■ **Task goal**:
As soon as the line containing "no_star (t ∷" appears, copy it and every following line word for word until the records end.

[Dataset entries]
----------
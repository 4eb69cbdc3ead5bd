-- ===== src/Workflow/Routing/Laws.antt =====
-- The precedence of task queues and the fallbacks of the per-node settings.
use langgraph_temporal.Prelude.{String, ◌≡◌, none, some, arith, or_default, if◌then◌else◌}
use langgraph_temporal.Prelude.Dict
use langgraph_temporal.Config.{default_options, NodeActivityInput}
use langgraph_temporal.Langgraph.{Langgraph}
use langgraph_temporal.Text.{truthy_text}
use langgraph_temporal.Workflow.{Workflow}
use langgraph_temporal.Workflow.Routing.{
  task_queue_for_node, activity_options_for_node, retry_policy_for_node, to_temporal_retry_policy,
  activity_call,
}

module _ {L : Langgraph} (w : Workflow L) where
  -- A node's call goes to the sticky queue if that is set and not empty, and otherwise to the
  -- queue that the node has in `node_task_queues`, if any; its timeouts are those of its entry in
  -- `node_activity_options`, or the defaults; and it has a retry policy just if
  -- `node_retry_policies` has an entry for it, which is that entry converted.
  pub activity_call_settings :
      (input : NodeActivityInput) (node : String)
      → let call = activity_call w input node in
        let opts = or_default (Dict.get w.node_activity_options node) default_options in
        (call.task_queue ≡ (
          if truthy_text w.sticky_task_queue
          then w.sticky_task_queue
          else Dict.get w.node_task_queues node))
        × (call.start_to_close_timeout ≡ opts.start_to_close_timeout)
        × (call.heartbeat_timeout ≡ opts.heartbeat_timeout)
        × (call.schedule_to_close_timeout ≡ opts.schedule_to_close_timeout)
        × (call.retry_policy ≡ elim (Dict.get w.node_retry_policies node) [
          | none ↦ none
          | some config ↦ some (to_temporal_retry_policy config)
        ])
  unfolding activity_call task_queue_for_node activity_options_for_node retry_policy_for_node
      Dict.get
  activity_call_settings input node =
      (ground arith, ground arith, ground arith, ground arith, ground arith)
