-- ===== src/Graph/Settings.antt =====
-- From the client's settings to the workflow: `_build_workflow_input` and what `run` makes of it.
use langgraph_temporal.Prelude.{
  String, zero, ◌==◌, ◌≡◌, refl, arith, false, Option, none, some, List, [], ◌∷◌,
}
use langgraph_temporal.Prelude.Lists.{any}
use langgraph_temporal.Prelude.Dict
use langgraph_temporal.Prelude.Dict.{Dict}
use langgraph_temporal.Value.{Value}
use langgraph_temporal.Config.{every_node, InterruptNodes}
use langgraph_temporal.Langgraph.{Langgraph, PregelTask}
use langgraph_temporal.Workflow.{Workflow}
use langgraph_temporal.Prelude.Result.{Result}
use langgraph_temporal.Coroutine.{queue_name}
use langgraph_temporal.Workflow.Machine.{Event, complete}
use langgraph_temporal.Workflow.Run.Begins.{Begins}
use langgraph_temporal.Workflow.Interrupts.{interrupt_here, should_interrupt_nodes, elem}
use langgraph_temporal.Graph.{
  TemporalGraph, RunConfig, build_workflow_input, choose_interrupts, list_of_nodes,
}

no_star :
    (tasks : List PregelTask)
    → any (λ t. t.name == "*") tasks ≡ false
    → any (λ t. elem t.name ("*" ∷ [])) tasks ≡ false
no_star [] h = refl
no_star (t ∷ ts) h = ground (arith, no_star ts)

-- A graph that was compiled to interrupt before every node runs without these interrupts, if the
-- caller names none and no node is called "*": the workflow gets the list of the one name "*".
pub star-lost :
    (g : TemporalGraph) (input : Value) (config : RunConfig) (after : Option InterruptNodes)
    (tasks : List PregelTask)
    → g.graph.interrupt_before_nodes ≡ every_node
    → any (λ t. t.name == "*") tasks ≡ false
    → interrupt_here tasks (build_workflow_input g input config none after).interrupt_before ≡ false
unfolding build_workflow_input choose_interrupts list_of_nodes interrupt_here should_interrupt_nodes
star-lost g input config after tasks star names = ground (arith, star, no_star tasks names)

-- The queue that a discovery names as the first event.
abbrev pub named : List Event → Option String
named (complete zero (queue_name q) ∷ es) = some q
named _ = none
----------
■ **Response area**:
no_star (t ∷ ts) h = ground (arith, no_star ts)

-- A graph that was compiled to interrupt before every node runs without these interrupts, if the
-- caller names none and no node is called "*": the workflow gets the list of the one name "*".
pub star-lost :
    (g : TemporalGraph) (input : Value) (config : RunConfig) (after : Option InterruptNodes)
    (tasks : List PregelTask)
    → g.graph.interrupt_before_nodes ≡ every_node
    → any (λ t. t.name == "*") tasks ≡ false
    → interrupt_here tasks (build_workflow_input g input config none after).interrupt_before ≡ false
unfolding build_workflow_input choose_interrupts list_of_nodes interrupt_here should_interrupt_nodes
star-lost g input config after tasks star names = ground (arith, star, no_star tasks names)

-- The queue that a discovery names as the first event.
abbrev pub named : List Event → Option String
named (complete zero (queue_name q) ∷ es) = some q
named _ = none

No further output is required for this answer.